▶ **Task to carry out**: The lines from the one containing "unfoldable pub conditional" through the final line of the data below must be written out exactly, both included, and nothing more.
━━━━━ Information shown ━━━━━
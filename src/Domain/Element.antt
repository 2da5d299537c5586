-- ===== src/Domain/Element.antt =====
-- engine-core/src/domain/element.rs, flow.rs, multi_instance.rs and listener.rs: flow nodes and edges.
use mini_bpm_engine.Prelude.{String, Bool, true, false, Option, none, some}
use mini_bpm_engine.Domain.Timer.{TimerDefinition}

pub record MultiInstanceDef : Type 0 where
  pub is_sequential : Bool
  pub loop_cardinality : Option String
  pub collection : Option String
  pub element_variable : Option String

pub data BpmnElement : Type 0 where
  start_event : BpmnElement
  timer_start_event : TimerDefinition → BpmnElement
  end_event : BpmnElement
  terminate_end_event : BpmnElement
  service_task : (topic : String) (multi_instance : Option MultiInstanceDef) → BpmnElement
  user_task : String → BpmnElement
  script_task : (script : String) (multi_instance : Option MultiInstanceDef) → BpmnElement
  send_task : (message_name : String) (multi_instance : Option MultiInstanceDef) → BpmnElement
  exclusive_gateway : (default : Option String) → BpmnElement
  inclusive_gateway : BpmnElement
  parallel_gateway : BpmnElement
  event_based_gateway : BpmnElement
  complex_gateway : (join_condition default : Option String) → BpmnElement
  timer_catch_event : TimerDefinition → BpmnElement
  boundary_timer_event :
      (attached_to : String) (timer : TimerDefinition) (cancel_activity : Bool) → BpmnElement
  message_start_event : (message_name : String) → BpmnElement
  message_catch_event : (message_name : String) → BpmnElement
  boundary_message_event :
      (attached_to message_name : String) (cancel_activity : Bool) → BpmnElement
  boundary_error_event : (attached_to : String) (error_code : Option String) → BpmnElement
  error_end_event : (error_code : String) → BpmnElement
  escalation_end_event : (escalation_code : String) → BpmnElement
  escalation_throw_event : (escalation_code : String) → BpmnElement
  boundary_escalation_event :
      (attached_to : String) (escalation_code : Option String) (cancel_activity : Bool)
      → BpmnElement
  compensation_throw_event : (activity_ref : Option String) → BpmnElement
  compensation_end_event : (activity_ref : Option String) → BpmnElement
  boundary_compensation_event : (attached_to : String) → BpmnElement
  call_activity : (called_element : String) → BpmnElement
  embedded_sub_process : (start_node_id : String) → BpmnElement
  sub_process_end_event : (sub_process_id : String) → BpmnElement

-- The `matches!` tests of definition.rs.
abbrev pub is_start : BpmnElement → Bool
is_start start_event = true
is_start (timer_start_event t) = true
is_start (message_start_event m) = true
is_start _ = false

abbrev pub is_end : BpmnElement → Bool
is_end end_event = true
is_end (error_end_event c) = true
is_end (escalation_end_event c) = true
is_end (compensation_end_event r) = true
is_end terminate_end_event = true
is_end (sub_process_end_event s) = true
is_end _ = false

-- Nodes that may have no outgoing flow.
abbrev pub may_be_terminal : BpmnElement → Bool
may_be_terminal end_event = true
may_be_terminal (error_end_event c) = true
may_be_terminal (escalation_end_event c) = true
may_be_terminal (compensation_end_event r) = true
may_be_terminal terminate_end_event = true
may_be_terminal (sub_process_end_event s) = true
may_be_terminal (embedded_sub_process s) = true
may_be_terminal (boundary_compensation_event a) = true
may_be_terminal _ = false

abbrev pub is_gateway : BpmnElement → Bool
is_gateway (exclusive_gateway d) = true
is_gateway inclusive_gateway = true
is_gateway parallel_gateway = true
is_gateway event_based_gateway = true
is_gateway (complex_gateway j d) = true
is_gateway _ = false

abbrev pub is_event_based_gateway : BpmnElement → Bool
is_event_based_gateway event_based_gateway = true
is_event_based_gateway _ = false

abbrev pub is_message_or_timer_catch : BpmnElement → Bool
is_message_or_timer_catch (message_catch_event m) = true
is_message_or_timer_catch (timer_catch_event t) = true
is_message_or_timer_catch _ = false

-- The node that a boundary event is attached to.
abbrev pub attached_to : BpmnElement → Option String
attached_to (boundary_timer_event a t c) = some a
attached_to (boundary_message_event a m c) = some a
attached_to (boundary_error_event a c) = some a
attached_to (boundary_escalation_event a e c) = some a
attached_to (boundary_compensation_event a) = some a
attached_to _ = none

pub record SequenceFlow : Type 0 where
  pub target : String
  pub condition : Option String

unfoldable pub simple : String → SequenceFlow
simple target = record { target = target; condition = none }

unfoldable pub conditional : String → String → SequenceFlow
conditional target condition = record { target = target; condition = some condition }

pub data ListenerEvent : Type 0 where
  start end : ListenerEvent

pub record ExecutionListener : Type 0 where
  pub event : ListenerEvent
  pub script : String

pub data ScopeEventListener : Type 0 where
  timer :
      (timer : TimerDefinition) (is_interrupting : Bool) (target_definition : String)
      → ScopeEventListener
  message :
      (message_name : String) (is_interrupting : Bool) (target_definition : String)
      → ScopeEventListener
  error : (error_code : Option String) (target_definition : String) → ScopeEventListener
━━━━━
▶ **Answer box**:
unfoldable pub conditional : String → String → SequenceFlow
conditional target condition = record { target = target; condition = some condition }

pub data ListenerEvent : Type 0 where
  start end : ListenerEvent

pub record ExecutionListener : Type 0 where
  pub event : ListenerEvent
  pub script : String

pub data ScopeEventListener : Type 0 where
  timer :
      (timer : TimerDefinition) (is_interrupting : Bool) (target_definition : String)
      → ScopeEventListener
  message :
      (message_name : String) (is_interrupting : Bool) (target_definition : String)
      → ScopeEventListener
  error : (error_code : Option String) (target_definition : String) → ScopeEventListener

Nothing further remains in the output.